Start of Supplied records

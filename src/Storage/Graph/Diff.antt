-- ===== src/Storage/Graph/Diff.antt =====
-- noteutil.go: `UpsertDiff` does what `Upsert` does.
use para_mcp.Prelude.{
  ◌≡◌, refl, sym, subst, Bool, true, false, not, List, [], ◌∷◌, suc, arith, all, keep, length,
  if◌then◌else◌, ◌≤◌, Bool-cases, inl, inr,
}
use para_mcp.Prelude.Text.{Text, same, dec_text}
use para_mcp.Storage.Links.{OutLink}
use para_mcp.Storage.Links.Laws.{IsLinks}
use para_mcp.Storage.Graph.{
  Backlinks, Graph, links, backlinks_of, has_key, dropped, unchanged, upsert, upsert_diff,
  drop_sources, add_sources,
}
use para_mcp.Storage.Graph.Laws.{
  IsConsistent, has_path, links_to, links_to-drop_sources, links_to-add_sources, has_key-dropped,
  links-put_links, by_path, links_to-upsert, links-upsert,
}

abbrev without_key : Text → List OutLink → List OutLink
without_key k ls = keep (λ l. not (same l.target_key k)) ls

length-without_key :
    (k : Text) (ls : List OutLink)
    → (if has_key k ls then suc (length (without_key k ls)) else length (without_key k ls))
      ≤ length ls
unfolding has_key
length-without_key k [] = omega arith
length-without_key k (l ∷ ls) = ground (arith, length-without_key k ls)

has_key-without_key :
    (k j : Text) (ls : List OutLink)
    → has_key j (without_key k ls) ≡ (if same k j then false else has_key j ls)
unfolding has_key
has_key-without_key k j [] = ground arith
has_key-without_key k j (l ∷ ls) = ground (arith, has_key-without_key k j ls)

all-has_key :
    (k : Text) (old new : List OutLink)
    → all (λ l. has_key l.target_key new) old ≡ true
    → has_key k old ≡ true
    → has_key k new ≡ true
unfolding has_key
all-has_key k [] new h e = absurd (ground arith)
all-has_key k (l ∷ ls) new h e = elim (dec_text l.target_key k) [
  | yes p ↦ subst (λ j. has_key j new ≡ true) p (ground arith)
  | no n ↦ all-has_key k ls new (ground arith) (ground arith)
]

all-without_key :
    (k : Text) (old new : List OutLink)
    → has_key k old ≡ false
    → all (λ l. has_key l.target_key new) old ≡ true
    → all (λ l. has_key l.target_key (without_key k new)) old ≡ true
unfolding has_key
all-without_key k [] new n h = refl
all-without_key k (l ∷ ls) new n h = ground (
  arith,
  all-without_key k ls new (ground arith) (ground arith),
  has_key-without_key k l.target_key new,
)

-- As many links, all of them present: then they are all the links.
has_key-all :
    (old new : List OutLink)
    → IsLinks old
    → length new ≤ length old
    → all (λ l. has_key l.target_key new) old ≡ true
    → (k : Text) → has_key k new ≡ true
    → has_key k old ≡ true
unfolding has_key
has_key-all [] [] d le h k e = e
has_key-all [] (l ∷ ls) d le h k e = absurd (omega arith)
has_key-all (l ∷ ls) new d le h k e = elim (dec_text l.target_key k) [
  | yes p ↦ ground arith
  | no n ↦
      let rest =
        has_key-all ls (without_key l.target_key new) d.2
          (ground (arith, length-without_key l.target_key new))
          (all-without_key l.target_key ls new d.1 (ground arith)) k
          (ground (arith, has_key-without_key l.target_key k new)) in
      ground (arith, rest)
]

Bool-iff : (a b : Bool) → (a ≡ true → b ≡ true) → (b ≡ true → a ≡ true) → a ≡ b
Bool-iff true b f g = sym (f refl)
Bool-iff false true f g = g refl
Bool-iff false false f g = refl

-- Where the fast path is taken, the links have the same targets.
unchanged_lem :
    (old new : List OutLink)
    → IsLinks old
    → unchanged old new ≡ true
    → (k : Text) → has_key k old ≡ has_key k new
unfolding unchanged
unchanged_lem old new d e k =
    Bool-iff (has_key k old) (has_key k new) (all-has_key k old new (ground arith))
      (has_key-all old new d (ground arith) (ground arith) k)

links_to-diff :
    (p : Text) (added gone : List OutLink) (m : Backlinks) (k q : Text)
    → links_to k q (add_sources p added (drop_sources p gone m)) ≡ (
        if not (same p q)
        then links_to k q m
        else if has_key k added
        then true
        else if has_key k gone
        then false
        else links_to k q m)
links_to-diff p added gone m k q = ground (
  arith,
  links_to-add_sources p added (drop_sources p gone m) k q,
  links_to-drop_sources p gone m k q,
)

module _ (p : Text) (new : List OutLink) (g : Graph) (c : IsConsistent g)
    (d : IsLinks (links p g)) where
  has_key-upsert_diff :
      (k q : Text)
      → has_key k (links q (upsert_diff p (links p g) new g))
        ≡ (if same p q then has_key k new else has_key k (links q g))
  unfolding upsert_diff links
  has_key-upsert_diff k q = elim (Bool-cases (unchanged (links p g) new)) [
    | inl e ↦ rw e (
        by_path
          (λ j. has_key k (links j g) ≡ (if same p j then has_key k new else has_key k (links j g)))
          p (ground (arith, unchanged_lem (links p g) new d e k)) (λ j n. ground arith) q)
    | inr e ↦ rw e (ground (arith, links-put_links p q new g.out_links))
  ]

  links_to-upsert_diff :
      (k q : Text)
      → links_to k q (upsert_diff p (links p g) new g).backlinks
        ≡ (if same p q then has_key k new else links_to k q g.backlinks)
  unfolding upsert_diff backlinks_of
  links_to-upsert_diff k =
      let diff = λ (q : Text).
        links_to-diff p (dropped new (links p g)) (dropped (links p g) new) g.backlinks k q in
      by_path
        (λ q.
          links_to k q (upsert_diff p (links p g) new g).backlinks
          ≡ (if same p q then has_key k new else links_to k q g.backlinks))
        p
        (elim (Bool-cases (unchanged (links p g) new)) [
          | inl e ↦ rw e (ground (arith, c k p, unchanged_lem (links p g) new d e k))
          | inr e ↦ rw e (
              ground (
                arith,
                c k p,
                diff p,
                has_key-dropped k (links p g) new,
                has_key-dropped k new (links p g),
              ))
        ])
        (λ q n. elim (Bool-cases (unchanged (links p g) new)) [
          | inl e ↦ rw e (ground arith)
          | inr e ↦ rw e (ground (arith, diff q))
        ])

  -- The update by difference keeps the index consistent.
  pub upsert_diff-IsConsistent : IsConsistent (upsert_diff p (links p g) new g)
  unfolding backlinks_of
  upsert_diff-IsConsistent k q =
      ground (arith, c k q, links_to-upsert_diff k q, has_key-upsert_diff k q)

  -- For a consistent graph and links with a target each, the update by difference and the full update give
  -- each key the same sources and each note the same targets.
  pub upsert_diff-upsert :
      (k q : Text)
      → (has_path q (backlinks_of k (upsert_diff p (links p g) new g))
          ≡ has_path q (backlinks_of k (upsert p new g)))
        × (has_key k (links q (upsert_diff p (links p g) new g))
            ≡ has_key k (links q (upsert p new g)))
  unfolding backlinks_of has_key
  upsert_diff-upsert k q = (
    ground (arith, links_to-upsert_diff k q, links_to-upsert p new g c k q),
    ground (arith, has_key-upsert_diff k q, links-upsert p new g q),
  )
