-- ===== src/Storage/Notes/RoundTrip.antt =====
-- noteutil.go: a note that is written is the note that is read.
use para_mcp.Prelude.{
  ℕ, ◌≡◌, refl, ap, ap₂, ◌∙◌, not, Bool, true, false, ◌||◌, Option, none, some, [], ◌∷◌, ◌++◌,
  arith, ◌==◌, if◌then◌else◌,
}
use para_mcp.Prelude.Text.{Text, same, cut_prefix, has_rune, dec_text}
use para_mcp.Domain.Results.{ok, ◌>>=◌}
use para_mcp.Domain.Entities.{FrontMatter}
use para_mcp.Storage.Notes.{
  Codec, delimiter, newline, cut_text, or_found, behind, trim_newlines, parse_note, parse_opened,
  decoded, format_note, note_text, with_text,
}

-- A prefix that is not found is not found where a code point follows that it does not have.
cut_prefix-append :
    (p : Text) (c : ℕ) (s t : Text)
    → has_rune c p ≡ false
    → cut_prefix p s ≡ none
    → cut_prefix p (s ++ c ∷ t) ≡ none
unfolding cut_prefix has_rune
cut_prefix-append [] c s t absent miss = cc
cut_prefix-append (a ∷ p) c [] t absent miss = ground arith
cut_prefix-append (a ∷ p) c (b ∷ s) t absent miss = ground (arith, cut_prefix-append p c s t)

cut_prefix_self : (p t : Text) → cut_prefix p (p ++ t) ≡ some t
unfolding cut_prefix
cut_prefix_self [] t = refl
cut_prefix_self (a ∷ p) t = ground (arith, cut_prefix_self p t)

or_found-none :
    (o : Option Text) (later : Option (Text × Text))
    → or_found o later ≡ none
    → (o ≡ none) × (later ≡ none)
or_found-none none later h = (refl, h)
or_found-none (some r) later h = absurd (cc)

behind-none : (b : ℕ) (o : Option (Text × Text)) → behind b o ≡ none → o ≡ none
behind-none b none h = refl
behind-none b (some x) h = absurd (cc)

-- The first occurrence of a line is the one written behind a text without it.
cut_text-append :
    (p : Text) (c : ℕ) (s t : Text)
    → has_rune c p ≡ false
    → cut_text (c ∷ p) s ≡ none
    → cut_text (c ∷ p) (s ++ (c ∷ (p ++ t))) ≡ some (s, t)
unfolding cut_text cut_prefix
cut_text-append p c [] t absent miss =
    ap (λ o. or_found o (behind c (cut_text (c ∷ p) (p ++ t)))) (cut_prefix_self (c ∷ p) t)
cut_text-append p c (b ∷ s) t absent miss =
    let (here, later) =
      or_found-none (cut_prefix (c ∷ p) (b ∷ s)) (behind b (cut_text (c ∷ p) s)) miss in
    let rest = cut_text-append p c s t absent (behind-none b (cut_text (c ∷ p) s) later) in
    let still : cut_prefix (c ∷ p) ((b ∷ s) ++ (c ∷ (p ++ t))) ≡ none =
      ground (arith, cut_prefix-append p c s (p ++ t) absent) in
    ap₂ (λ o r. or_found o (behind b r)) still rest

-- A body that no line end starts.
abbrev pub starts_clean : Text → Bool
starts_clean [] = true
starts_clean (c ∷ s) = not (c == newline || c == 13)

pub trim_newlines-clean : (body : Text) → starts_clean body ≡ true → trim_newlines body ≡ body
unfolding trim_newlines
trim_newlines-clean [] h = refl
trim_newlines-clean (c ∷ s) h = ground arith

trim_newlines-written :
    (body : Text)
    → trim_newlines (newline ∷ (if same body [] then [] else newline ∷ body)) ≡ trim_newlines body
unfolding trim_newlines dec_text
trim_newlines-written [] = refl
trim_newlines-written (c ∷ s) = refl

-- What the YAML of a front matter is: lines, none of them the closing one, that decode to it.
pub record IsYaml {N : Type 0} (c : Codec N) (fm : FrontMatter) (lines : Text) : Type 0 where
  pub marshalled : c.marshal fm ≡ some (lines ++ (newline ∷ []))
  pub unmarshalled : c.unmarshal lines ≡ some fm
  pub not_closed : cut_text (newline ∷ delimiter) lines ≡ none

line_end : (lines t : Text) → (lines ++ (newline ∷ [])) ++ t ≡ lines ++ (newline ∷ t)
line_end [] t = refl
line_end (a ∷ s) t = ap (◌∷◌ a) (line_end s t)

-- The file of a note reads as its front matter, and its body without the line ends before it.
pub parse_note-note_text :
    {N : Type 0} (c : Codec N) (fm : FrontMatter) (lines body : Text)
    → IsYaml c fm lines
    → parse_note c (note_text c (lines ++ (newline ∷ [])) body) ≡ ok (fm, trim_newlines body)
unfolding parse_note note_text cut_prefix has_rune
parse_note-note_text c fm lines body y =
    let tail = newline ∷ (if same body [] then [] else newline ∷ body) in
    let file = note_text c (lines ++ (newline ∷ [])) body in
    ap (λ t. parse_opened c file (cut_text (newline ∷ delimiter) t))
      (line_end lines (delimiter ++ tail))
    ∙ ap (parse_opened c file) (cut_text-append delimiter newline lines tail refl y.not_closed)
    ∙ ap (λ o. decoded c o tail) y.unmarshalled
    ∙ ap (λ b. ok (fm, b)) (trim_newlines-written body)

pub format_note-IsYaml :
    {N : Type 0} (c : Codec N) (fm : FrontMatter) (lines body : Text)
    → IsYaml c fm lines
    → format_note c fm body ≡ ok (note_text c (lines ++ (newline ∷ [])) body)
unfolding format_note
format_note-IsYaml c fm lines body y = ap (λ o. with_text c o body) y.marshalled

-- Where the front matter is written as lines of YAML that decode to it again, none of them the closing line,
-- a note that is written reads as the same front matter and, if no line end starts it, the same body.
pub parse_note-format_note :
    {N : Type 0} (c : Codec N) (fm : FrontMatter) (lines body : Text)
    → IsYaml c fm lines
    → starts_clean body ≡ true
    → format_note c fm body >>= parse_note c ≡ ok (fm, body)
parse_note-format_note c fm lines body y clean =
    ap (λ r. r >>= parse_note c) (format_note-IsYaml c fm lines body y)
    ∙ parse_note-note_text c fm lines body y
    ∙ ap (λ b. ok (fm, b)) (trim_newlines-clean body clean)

End of Supplied records

*What the task requires*
Where a line above contains the word "abbrev", copy that line.

*Answer to this problem*
abbrev without_key : Text → List OutLink → List OutLink
abbrev pub starts_clean : Text → Bool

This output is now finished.